Task goal ▸
Read the data below. Every line holding the string "IsCut" must be copied.

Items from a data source
******************************

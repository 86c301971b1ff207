-- ===== src/Context/Examples.antt =====
-- A history of a task, a command with its result, a file that was not found, and a second task.
use Prim.Native.Char.{Char}
use py_coding_agent.Prelude.Text.{join}
use py_coding_agent.Prelude.{
  ◌==◌, if◌then◌else◌, ◌/◌, ℕ, ◌≡◌, refl, ◌⊎◌, String, Bool, true, false, Option, none, some, List,
  [], ◌∷◌, length, arith,
}
use py_coding_agent.Prelude.Int.{ℤ, pos}
use py_coding_agent.Prelude.Dict.{contains, lookup, insert}
use py_coding_agent.Prelude.Text.{
  text_length, text_take, strip, lstrip, rstrip, is_space, newlines_to_spaces, has_part,
  starts_with, join, join_with,
}
use py_coding_agent.Result.{ok}
use py_coding_agent.Value.{Value, str, Fields, field, end, get_field}
use py_coding_agent.State.{StopReason}
use py_coding_agent.Message.{
  MessageMeta, ToolResultStatus, Message, user_message, assistant_message, tool_result, meta_of,
}
use py_coding_agent.Message.Dicts.{status_value}
use py_coding_agent.Message.History.{ids_of, results_of, AreDistinct}
use py_coding_agent.Context.Groups.{
  distinct, answers, collect, first_group, group_from, group_messages, ungroup,
}
use py_coding_agent.Context.Grouping.{ungroup-group_messages}
use py_coding_agent.Context.Cut.{CutPlan, blocker, last_end, cut_groups, find_cut}
use py_coding_agent.Context.Cutting.{IsCut}
use py_coding_agent.Context.Summary.{
  StructuredSummary, append_unique, shorten, extract_call, extract_calls, looks_like_test_command,
  extract_result, extract_kind, extract_message, extract_messages, summary_of, extract_summary,
}
use py_coding_agent.Context.Rendering.{render_summary}
use py_coding_agent.Context.Compactor.{
  CompactionRecord, summary_record_of, compaction_record_from_store, index_from, last_id,
  covered_one, any_incomplete, validate_covered, validate_record, message_payload, count_messages,
  compact,
}
use py_coding_agent.Context.Extraction.{completed_in, failed_in, AreNoted, extract_summary-HasSeen}
use py_coding_agent.Context.Compaction.{IsCompaction, compact-IsCompaction}
use py_coding_agent.Context.Truncation.{DisplayedOutput, choose_strategy, truncate}
use py_coding_agent.Context.Stored.{compaction_record_from_store-summary_record_of}

abbrev meta : String → MessageMeta
meta id = record { id = id; session_id = "s"; run_id = "r"; turn_id = 1; created_at = "t" }

abbrev call : String → String → String → String → Message
call id call_id name key = assistant_message (record {
  meta = meta id;
  content = "";
  stop_reason = StopReason.tool_calls;
  tool_calls =
      record { id = call_id; name = name; arguments = field key (str "pytest") end; ordinal = 0 }
      ∷ [];
})

abbrev answer : String → String → ToolResultStatus → Message
answer id call_id status = tool_result (record {
  meta = meta id;
  tool_call_id = call_id;
  status = status;
  content = "text";
  artifact_ref = none;
  error_kind = none;
  retryable = none;
  exit_code = none;
})

abbrev history : List Message
history =
    user_message (meta "m1") "fix it"
    ∷ call "m2" "c1" "bash" "command"
    ∷ answer "m3" "c1" ToolResultStatus.completed
    ∷ call "m4" "c2" "read" "path"
    ∷ answer "m5" "c2" ToolResultStatus.error
    ∷ user_message (meta "m6") "and test it"
    ∷ []

-- arguments: texts in lower case already, no exit code, numbers shown as a digit, a token for each character
abbrev same : String → String
same s = s

abbrev no_code : Option ℤ → String
no_code _ = "None"

abbrev digit : ℕ → String
digit _ = "1"

abbrev dict_text : Fields → String
dict_text _ = "{}"

abbrev value_text : Value → String
value_text _ = "?"

abbrev characters : String → ℤ
characters s = pos (text_length s)

-- what the compactor makes of the history with two groups to preserve
abbrev summary : StructuredSummary
summary = record {
  task_goal = "fix it";
  current_progress = "unknown";
  completed_work = "1 tool calls completed";
  pending_work = "unknown";
  files_read = [];
  files_modified = [];
  commands_executed = "pytest" ∷ [];
  test_results = "`pytest` completed (exit_code=None)";
  errors = [];
  important_decisions = "unknown";
  next_step = "unknown";
  source_ids = "m1" ∷ "m2" ∷ "m3" ∷ [];
  unknown_fields = "current_progress" ∷ "pending_work" ∷ "important_decisions" ∷ "next_step" ∷ [];
}

abbrev compacted : CompactionRecord
compacted = record {
  summary = summary;
  covered_through_id = "m3";
  preserved_ids = "m4" ∷ "m5" ∷ "m6" ∷ [];
  token_before = pos 17;
  token_after = characters (render_summary summary);
  summary_version = pos 1;
}

history_compacted :
    compact dict_text same no_code digit characters 2 history none ≡ ok (some compacted)
unfolding compact find_cut cut_groups blocker last_end group_messages group_from first_group collect
    answers contains ungroup distinct ids_of meta_of last_id extract_summary summary_of
    extract_messages extract_message extract_kind extract_calls extract_call extract_result
    append_unique shorten looks_like_test_command text_length text_take strip lstrip rstrip is_space
    newlines_to_spaces has_part starts_with join status_value lookup insert get_field count_messages
    message_payload render_summary join_with validate_record validate_covered covered_one
    any_incomplete index_from
history_compacted = refl

ungroup-group_messages_example : ungroup (group_messages history) ≡ history
ungroup-group_messages_example = ungroup-group_messages history

history-AreDistinct : AreDistinct (ids_of history)
unfolding ids_of meta_of contains
history-AreDistinct = (refl, (refl, (refl, (refl, (refl, (refl, tt))))))

compact-IsCompaction_example :
    ((plan : CutPlan) × (r : CompactionRecord) × (compact dict_text same no_code digit characters 2
          history none
        ≡ ok (some r))
      × IsCut history 2 plan
      × IsCompaction history none plan r)
    ⊎ ((compact dict_text same no_code digit characters 2 history none ≡ ok none)
        × ((plan : CutPlan) → ¬ IsCut history 2 plan))
compact-IsCompaction_example =
    compact-IsCompaction dict_text same no_code digit characters (λ text. refl) 2 history none
      (omega arith) history-AreDistinct tt

extract_summary-HasSeen_example :
    let summary = extract_summary same no_code digit history in
    let completed = length (completed_in (results_of history)) in
    (summary.source_ids ≡ ids_of history)
    × (summary.completed_work
        ≡ (if completed == 0 then "none" else join (digit completed) " tool calls completed"))
    × AreNoted summary.errors (failed_in (results_of history))
    × AreDistinct summary.files_read
    × AreDistinct summary.files_modified
    × AreDistinct summary.commands_executed
extract_summary-HasSeen_example = extract_summary-HasSeen same no_code digit history

compaction_record_from_store-summary_record_of_example :
    compaction_record_from_store value_text (summary_record_of compacted)
    ≡ record compacted { preserved_ids = []; token_before = pos 0; token_after = pos 0 }
compaction_record_from_store-summary_record_of_example =
    compaction_record_from_store-summary_record_of value_text compacted

-- half of the characters for the head, rounded down
abbrev half : ℕ → ℕ
half n = n / 2

abbrev nowhere : String → String → Unit {0} → Bool × Unit {0}
nowhere name text w = (false, w)

abbrev no_alnum : Char → Bool
no_alnum c = false

abbrev fifty : String
fifty = "01234567890123456789012345678901234567890123456789"

-- an output of 400 characters
abbrev long_output : String
long_output =
    let hundred = join fifty fifty in
    let two_hundred = join hundred hundred in join two_hundred two_hundred

is_long : text_length long_output ≡ 400
unfolding text_length join
is_long = refl

abbrev of_long : DisplayedOutput × Unit {0}
of_long = truncate digit no_alnum nowhere half 300 2000000 true "id" "bash" long_output none tt

-- an output that just fits
shows_all : truncate digit no_alnum nowhere half 50 2000000 true "id" "bash" fifty none tt ≡ (
  record {
    text = fifty;
    omitted_count = 0;
    artifact_ref = none;
    strategy = choose_strategy "bash" none;
  },
  tt,
)
unfolding truncate text_length
shows_all = refl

******************************

Answer area ▸
use py_coding_agent.Context.Cutting.{IsCut}
      × IsCut history 2 plan
        × ((plan : CutPlan) → ¬ IsCut history 2 plan))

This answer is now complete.